* **To do**
Find the line containing "(tag_bit w.tag) h)" in the records below. Copy exactly that line and each one after it, ending at the line containing "handle_request-IsTagged ws (deactivate", and nothing more.

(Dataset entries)
-- ===== src/Glue/Asked.antt =====
-- What an output shows after a client of ext-workspace activated or deactivated a tag.
use Prim.Native.Nat.{bit_xor}
use monowm.Base.{
  ℕ, ◌+◌, ◌-◌, ◌<◌, ◌≤◌, ◌≡◌, refl, sym, ap, subst, ◌∙◌, inl, inr, ◌⊎◌, true, false, Option, none,
  some, List, [], ◌∷◌, if◌then◌else◌, shares, shares-pow, bit_and, and_low, pow-lt, pow_pos,
  test_bit, test_bit-xor, arith, Bool-cases, eq_of_test_bit, test_bit-zero,
}
use monowm.Ext.State.{Request, create_workspace, activate, deactivate, assign, remove}
use monowm.Wm.State.{Server, Monitor, tagset, find_mon, selected, tag_mask, tagcount}
use monowm.Wm.Tags.{view, toggleview}
use monowm.Wm.Showing.{Shows, view-Shows, toggleview_lem}
use monowm.Wm.Safe.{IsTagged}
use monowm.Wm.Actions.{view-IsTagged, toggleview-IsTagged}
use monowm.Glue.Desk.{ExtWorkspace, tag_bit}
use monowm.Glue.Commit.{
  find_handle, select, activate_at, deactivate_at, is_shown, handle_request, handle_ext_commit,
}

-- The tags are counted from 1.
abbrev pub IsTag : ℕ → Type 0
IsTag tag = (1 ≤ tag) × (tag ≤ tagcount)

tag_bit-masked : (tag : ℕ) → IsTag tag → bit_and (tag_bit tag) tag_mask ≡ tag_bit tag
tag_bit-masked tag h = and_low tagcount (tag_bit tag) (pow-lt tagcount (tag - 1) (omega arith))

selected-select : (s : Server) (k : ℕ) → selected (select k s) ≡ find_mon s k
unfolding selected
selected-select s k = refl

activated :
    (ws : List ExtWorkspace) (h : ℕ) (w : ExtWorkspace) (s : Server)
    → find_handle ws (some h) ≡ some w
    → handle_ext_commit ws (activate (some h) ∷ []) s ≡ view (select w.m s) (tag_bit w.tag)
unfolding handle_ext_commit handle_request activate_at
activated ws h w s found = ap (λ (o : Option ExtWorkspace). activate_at o s) found

-- If a client of ext-workspace commits the request to activate the workspace of a tag whose
-- output exists, the selected output shows exactly this tag afterwards.
pub commit-activate :
    (ws : List ExtWorkspace) (h : ℕ) (w : ExtWorkspace) (s : Server) (m : Monitor)
    → find_handle ws (some h) ≡ some w
    → find_mon s w.m ≡ some m
    → IsTag w.tag
    → Shows (handle_ext_commit ws (activate (some h) ∷ []) s) (tag_bit w.tag)
commit-activate ws h w s m found here t =
    let masked = tag_bit-masked w.tag t in
    subst (λ (r : Server). Shows r (tag_bit w.tag)) (sym (activated ws h w s found))
      (subst (λ (v : ℕ). Shows (view (select w.m s) (tag_bit w.tag)) v) masked
        (view-Shows (select w.m s) m (tag_bit w.tag) (selected-select s w.m ∙ here)
          (subst (λ (v : ℕ). 0 < v) (sym masked) (pow_pos (w.tag - 1)))))

deactivated :
    (ws : List ExtWorkspace) (h : ℕ) (w : ExtWorkspace) (s : Server)
    → find_handle ws (some h) ≡ some w
    → handle_ext_commit ws (deactivate (some h) ∷ []) s
      ≡ (if is_shown (find_mon s w.m) w.tag then toggleview (select w.m s) (tag_bit w.tag) else s)
unfolding handle_ext_commit handle_request deactivate_at
deactivated ws h w s found = ap (λ (o : Option ExtWorkspace). deactivate_at o s) found

xor_zero : (a b : ℕ) → bit_xor a b ≡ 0 → a ≡ b
xor_zero a b e =
    eq_of_test_bit (a + b) a b (omega arith) (omega arith)
      λ i. ground (arith, test_bit-xor a b i, ap (λ (v : ℕ). test_bit v i) e, test_bit-zero i)

-- If a client of ext-workspace commits the request to deactivate the workspace of a tag whose
-- output exists, then nothing happens where the output does not show the tag; where it shows
-- this tag alone, the output is selected and nothing else happens; otherwise the selected output
-- shows the tags that it showed but this one.
pub commit-deactivate :
    (ws : List ExtWorkspace) (h : ℕ) (w : ExtWorkspace) (s : Server) (m : Monitor)
    → find_handle ws (some h) ≡ some w
    → find_mon s w.m ≡ some m
    → IsTag w.tag
    → ((test_bit (tagset m) (w.tag - 1) ≡ false)
        × (handle_ext_commit ws (deactivate (some h) ∷ []) s ≡ s))
      ⊎ ((tagset m ≡ tag_bit w.tag)
          × (handle_ext_commit ws (deactivate (some h) ∷ []) s ≡ select w.m s))
      ⊎ ((test_bit (tagset m) (w.tag - 1) ≡ true)
          × (0 < bit_xor (tagset m) (tag_bit w.tag))
          × Shows
              (handle_ext_commit ws (deactivate (some h) ∷ []) s)
              (bit_xor (tagset m) (tag_bit w.tag)))
commit-deactivate ws h w s m found here t = elim (Bool-cases (test_bit (tagset m) (w.tag - 1))) [
  | inr e ↦ inl (e, ran ∙ rw (bit, e) refl)
  | inl e ↦
      let toggled = ran ∙ rw (bit, e) refl in
      inr (elim (toggleview_lem (select w.m s) m (tag_bit w.tag) (selected-select s w.m ∙ here)) [
        | inl (z, same) ↦ inl (
          xor_zero (tagset m) (tag_bit w.tag) (sym (ap (bit_xor (tagset m)) masked) ∙ z),
          toggled ∙ same,
        )
        | inr (z, shows) ↦ inr (
          e,
          subst (λ (v : ℕ). 0 < bit_xor (tagset m) v) masked z,
          subst (λ (r : Server). Shows r (bit_xor (tagset m) (tag_bit w.tag))) (sym toggled)
              (subst
                (λ (v : ℕ).
                  Shows (toggleview (select w.m s) (tag_bit w.tag)) (bit_xor (tagset m) v))
                masked shows),
        )
      ])
]
  where
    masked : bit_and (tag_bit w.tag) tag_mask ≡ tag_bit w.tag
    masked = tag_bit-masked w.tag t

    bit : shares (tagset m) (tag_bit w.tag) ≡ test_bit (tagset m) (w.tag - 1)
    bit = shares-pow (tagset m) (w.tag - 1)

    ran : handle_ext_commit ws (deactivate (some h) ∷ []) s ≡ (
        if shares (tagset m) (tag_bit w.tag) then toggleview (select w.m s) (tag_bit w.tag) else s)
    ran =
        deactivated ws h w s found
        ∙ ap
            (λ (o : Option Monitor).
              if is_shown o w.tag then toggleview (select w.m s) (tag_bit w.tag) else s)
            here

activate_at-IsTagged :
    (o : Option ExtWorkspace) (s : Server) → IsTagged s → IsTagged (activate_at o s)
unfolding activate_at
activate_at-IsTagged none s h = h
activate_at-IsTagged (some w) s h = view-IsTagged (select w.m s) (tag_bit w.tag) h

deactivate_at-IsTagged :
    (o : Option ExtWorkspace) (s : Server) → IsTagged s → IsTagged (deactivate_at o s)
unfolding deactivate_at
deactivate_at-IsTagged none s h = h
deactivate_at-IsTagged (some w) s h = elim (Bool-cases (is_shown (find_mon s w.m) w.tag)) [
  | inl e ↦ rw e (toggleview-IsTagged (select w.m s) (tag_bit w.tag) h)
  | inr e ↦ rw e h
]

handle_request-IsTagged :
    (ws : List ExtWorkspace) (r : Request) (s : Server)
    → IsTagged s
    → IsTagged (handle_request ws r s)
unfolding handle_request
handle_request-IsTagged ws (activate k) s h = activate_at-IsTagged (find_handle ws k) s h
handle_request-IsTagged ws (deactivate k) s h = deactivate_at-IsTagged (find_handle ws k) s h
handle_request-IsTagged ws (create_workspace g t) s h = h
handle_request-IsTagged ws (assign g k) s h = h
handle_request-IsTagged ws (remove k) s h = h

-- The requests of a commit keep the tag sets sound.
pub handle_ext_commit-IsTagged :
    (ws : List ExtWorkspace) (rs : List Request) (s : Server)
    → IsTagged s
    → IsTagged (handle_ext_commit ws rs s)
unfolding handle_ext_commit
handle_ext_commit-IsTagged ws [] s h = h
handle_ext_commit-IsTagged ws (r ∷ rs) s h =
    handle_ext_commit-IsTagged ws rs (handle_request ws r s) (handle_request-IsTagged ws r s h)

* **Answer to the problem**
  | inl e ↦ rw e (toggleview-IsTagged (select w.m s) (tag_bit w.tag) h)
  | inr e ↦ rw e h
]

handle_request-IsTagged :
    (ws : List ExtWorkspace) (r : Request) (s : Server)
    → IsTagged s
    → IsTagged (handle_request ws r s)
unfolding handle_request
handle_request-IsTagged ws (activate k) s h = activate_at-IsTagged (find_handle ws k) s h
handle_request-IsTagged ws (deactivate k) s h = deactivate_at-IsTagged (find_handle ws k) s h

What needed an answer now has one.